Roto: Like I said, it’s less of a competition and more who you are, really, because they’re a certain kind of people who will be better surgeons or better doctors and it has nothing to do with operating the robot itself. It’s kind of a competition even for the medical residents, but for a gamer, being inside a game, it’s a competition for these kind of tasks.

So, I think, we’ll see in the near future many more articles like this or they’ll actually find gamers to be much better than people who mastered their kind of work and certain aspects of their work because [they’re] games, because they’re fun, because they’re competitive in because they make you look at certain things differently and they make you better at these kinds of things, just like MMOs gets you better social skills.

Icel: That’s kind of weird, actually.

Roto: No. I mean, for example, when you play WoW and you’re going into a dungeon or an instance or doing a Boss , in any MMO really, you can’t do it by yourself. You have to rely on your teammates. You have to give them power to do stuff and you have the assurance, you think you have the assurance that they’ll do their best. So, this reliance is much better than what you find in life, where people are competing with each other even when they need to work as a team. So, I find it very likely, as we said before, that this kind of thing is better for gamers.
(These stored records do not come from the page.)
-- ===== src/Poller/Resume.antt =====
-- What a poll finds of the poll before it (osubot/src/match_listener/poller.rs).
use osubot_rs.Prelude.{
  ℕ, ◌+◌, ◌<◌, ◌≡◌, refl, ap, ◌∙◌, sym, Bool, true, false, not, ◌&&◌, List, [], Option, none, some,
  ℤ, pos, negsuc, ltb, arith, Bool-cases, inl, inr,
}
use osubot_rs.MatchListener.{LegacyMatchEvent, ListenerCursor}
use osubot_rs.MatchListener.Cursor.{Ascending}
use osubot_rs.MatchStart.{as_i64, as_u64, i64_bound, stored_id}
use osubot_rs.Poller.{MatchListenConfig, Channel, Progress, process_one}
use osubot_rs.Poller.Retry.{process_one_again}
use osubot_rs.Poller.Stored.{
  Writes, cursor_of, id_to_store, touch, store_progress, after_poll, poll_listener,
}
use osubot_rs.Database.Table.First.{updated_first, update-update}
use osubot_rs.Database.Listeners.{
  MatchListener, at_key, deactivated, progressed, get_match_listener,
  update_match_listener_progress,
}
use osubot_rs.Database.Listeners.Keys.{get-update_progress, get-stop, eq_i64_refl}

-- The values of `u64`, and of `i64`.
abbrev pub IsU64 : Option ℕ → Type 0
IsU64 none = Unit
IsU64 (some n) = n < i64_bound + i64_bound

abbrev pub IsI64 : ℤ → Type 0
IsI64 (pos n) = n < i64_bound
IsI64 (negsuc n) = n < i64_bound

abbrev pub IsCursor : ListenerCursor → Type 0
IsCursor c = IsU64 c.last_event_id × IsU64 c.last_notified_event_id × IsU64 c.pending_game_event_id

read_back : (id : Option ℕ) → IsU64 id → stored_id (id_to_store id) ≡ id
read_back none h = refl
read_back (some id) h = elim (Bool-cases (ltb id i64_bound)) [
  | inl q ↦ rw (q) refl
  | inr q ↦ rw (q) (ap some (ground arith))
]

read_id : (z : ℤ) → IsI64 z → as_i64 (as_u64 z) ≡ z
read_id (pos n) h = ground arith
read_id (negsuc n) h = ground arith

read_cursor :
    (c : ListenerCursor) (t : Option ℕ) (l : MatchListener)
    → IsCursor c
    → cursor_of (
        progressed
          (id_to_store c.last_event_id)
          (id_to_store c.last_notified_event_id)
          (id_to_store c.pending_game_event_id)
          t
          l)
      ≡ c
read_cursor c t l (a, b, d) =
    rw
      (
        read_back c.last_event_id a,
        read_back c.last_notified_event_id b,
        read_back c.pending_game_event_id d,
      )
      refl

abbrev pub cursor_in : Option MatchListener → Option ListenerCursor
cursor_in none = none
cursor_in (some l) = some (cursor_of l)

stopped_cursor :
    (p : MatchListener → Bool) (o : Option MatchListener) (c : ListenerCursor)
    → cursor_in o ≡ some c
    → cursor_in (updated_first p deactivated o) ≡ some c
stopped_cursor p none c h = h
stopped_cursor p (some l) c h = elim (Bool-cases (p l)) [ inl q ↦ rw (q) h | inr q ↦ rw (q) h ]

module _ {Content : Type 0} where
  stored_after :
      (m g : ℤ) (p : Progress Content) (f : Writes) (l : MatchListener) (rows : List MatchListener)
      → f.update_fails ≡ false
      → get_match_listener m g rows ≡ some l
      → at_key m g l ≡ true
      → get_match_listener m g (store_progress m g p f rows)
        ≡ some (
            progressed
              (id_to_store p.final_cursor.last_event_id)
              (id_to_store p.final_cursor.last_notified_event_id)
              (id_to_store p.final_cursor.pending_game_event_id)
              (touch p.touch_last_notified_at f.stored_at)
              l)
  unfolding store_progress
  stored_after m g p f l rows u at k =
      rw
        (
          u,
          get-update_progress m g _ _ _ (touch p.touch_last_notified_at f.stored_at) m g rows,
          at,
          k,
        )
        refl

  after_poll_cursor :
      (m g : ℤ) (p : Progress Content) (f : Writes) (l : MatchListener) (rows : List MatchListener)
      → f.update_fails ≡ false
      → get_match_listener m g rows ≡ some l
      → at_key m g l ≡ true
      → IsCursor p.final_cursor
      → cursor_in (get_match_listener m g (after_poll m g p f rows)) ≡ some p.final_cursor
  after_poll_cursor m g p f l rows u at k fits =
      let here =
        ap cursor_in (stored_after m g p f l rows u at k)
        ∙ ap some
            (read_cursor p.final_cursor (touch p.touch_last_notified_at f.stored_at) l fits) in
      elim (Bool-cases (p.stopped && not f.stop_fails)) [
        | inl q ↦ rw (q, get-stop m g m g (store_progress m g p f rows)) (stopped_cursor _ _ _ here)
        | inr q ↦ rw (q) here
      ]

-- A poll of a listener of the table, with an answer of the API and the progress written, leaves in the
-- table the cursor that the state machine and the deliveries give, which is what the next poll reads;
-- the ids, which are of 64 bits, come back unchanged through the signed columns.
pub poll_listener_cursor :
    {Content : Type 0} (cfg : MatchListenConfig) (ch : Channel Content) (f : Writes)
    (l : MatchListener) (es : List (LegacyMatchEvent Content)) (rows : List MatchListener)
    → f.update_fails ≡ false
    → get_match_listener l.match_id l.group_id rows ≡ some l
    → IsI64 l.match_id
    → IsCursor (process_one cfg ch (cursor_of l) es).final_cursor
    → cursor_in (get_match_listener l.match_id l.group_id (poll_listener cfg ch f l (some es) rows))
      ≡ some (process_one cfg ch (cursor_of l) es).final_cursor
poll_listener_cursor cfg ch f l es rows u at m fits = rw (read_id l.match_id m) (
    after_poll_cursor l.match_id l.group_id (process_one cfg ch (cursor_of l) es) f l rows u at
      (rw (eq_i64_refl l.match_id, eq_i64_refl l.group_id) refl) fits)

module _ {Content : Type 0} where
  -- Storing what is stored.
  store_again :
      (m g : ℤ) (p p' : Progress Content) (f f' : Writes) (rows : List MatchListener)
      → f.update_fails ≡ false
      → p'.final_cursor ≡ p.final_cursor
      → p'.touch_last_notified_at ≡ false
      → store_progress m g p' f' (store_progress m g p f rows) ≡ store_progress m g p f rows
  unfolding store_progress update_match_listener_progress
  store_again m g p p' f f' rows u c t = elim (Bool-cases f'.update_fails) [
    | inl q ↦ rw (u, q) refl
    | inr q ↦ rw (u, q, c, t) (update-update (at_key m g) _ _ rows (λ l h. refl) (λ l. refl))
  ]

poll_unstopped :
    {Content : Type 0} (cfg : MatchListenConfig) (ch : Channel Content) (f : Writes)
    (l : MatchListener) (es : List (LegacyMatchEvent Content)) (rows : List MatchListener)
    → IsI64 l.match_id
    → (process_one cfg ch (cursor_of l) es).stopped ≡ false
    → poll_listener cfg ch f l (some es) rows
      ≡ store_progress l.match_id l.group_id (process_one cfg ch (cursor_of l) es) f rows
poll_unstopped cfg ch f l es rows m s = rw (read_id l.match_id m, s) refl

abbrev or_row : MatchListener → Option MatchListener → MatchListener
or_row l none = l
or_row l (some l') = l'

-- What a poll that finds nothing new stores.
abbrev quiet : {Content : Type 0} → ListenerCursor → Progress Content
quiet c = record {
  final_cursor = c;
  touch_last_notified_at = false;
  stopped = false;
  undelivered = [];
}

poll_quiet :
    {Content : Type 0} (cfg : MatchListenConfig) (ch : Channel Content) (f : Writes)
    (l : MatchListener) (es : List (LegacyMatchEvent Content)) (c : ListenerCursor) (m g : ℤ)
    (rows : List MatchListener)
    → IsI64 m
    → (l.match_id ≡ m) × (l.group_id ≡ g) × (cursor_of l ≡ c)
    → process_one cfg ch c es ≡ quiet c
    → poll_listener cfg ch f l (some es) rows
      ≡ store_progress m g (quiet {Content = Content} c) f rows
poll_quiet cfg ch f l es c m g rows b (x, y, z) q = rw (x, y, z, read_id m b, q) refl

-- For events with rising ids: once a poll has handled its notifications, has stored its progress and
-- did not stop the listener, polling the listener that is then in the table on the same events, with
-- any settings, deliveries and failures, leaves the whole table as it is.
pub poll_listener_again :
    {Content : Type 0} (cfg cfg' : MatchListenConfig) (ch ch' : Channel Content) (f f' : Writes)
    (l l' : MatchListener) (es : List (LegacyMatchEvent Content)) (rows : List MatchListener)
    → Ascending 0 es
    → f.update_fails ≡ false
    → get_match_listener l.match_id l.group_id rows ≡ some l
    → IsI64 l.match_id
    → IsCursor (process_one cfg ch (cursor_of l) es).final_cursor
    → (process_one cfg ch (cursor_of l) es).undelivered ≡ []
    → (process_one cfg ch (cursor_of l) es).stopped ≡ false
    → get_match_listener l.match_id l.group_id (poll_listener cfg ch f l (some es) rows) ≡ some l'
    → poll_listener cfg' ch' f' l' (some es) (poll_listener cfg ch f l (some es) rows)
      ≡ poll_listener cfg ch f l (some es) rows
poll_listener_again cfg cfg' ch ch' f f' l l' es rows asc u at m fits d s at' =
    let p = process_one cfg ch (cursor_of l) es in
    let k : at_key l.match_id l.group_id l ≡ true =
      rw (eq_i64_refl l.match_id, eq_i64_refl l.group_id) refl in
    let first = poll_unstopped cfg ch f l es rows m s in
    let e = ap (or_row l) (
      sym at'
      ∙ ap (get_match_listener l.match_id l.group_id) first
      ∙ stored_after l.match_id l.group_id p f l rows u at k) in
    let c =
      ap cursor_of e
      ∙ read_cursor p.final_cursor (touch p.touch_last_notified_at f.stored_at) l fits in
    rw (first) (
      poll_quiet cfg' ch' f' l' es p.final_cursor l.match_id l.group_id _ m
        (ap (λ r. r.match_id) e, ap (λ r. r.group_id) e, c)
        (process_one_again cfg cfg' ch ch' (cursor_of l) es asc d s)
      ∙ store_again l.match_id l.group_id p (quiet p.final_cursor) f f' rows u refl refl)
For example, if we look at people who solve puzzles, they’ll be better in solving certain puzzles in work, even in software engineering where there is not a puzzle but a recursive algorithm and other things that you need to solve, like puzzles. There’ll be better at it.

Icel: There’s the famous case of the game “Fold It”, the gameification of the Fold@Home Project, which, in order to solve the structure of proteins, they have grid computing system making hundreds of thousands and millions of tests. They took some of the later stages of stuff the computer did and put it into a puzzle game called “Fold It” and asked people to try and solve how the protein folds. Then, they presented the findings at some convention and found out that a group of gamers managed to solve the problem of folding certain proteins a lot faster than professors that work at it all their lives.

Roto: And, in some cases, even better because there were some puzzles which gamers solved and only they solved it and the mystery that the professor was puzzled by for years, they just solved in this conference.

And they solved it and professors found it to be very reliable. I mean, they had changed some stuff to match how proteins really work but they helped solve some of these puzzles. It’s amazing. I think you’ll find gamers to be better in some aspects and I think that what we think about gamers nowadays is that they become violent and they become socially awkward and stuff are an exaggeration and some of them, not lies, but misconceptions about this whole thing.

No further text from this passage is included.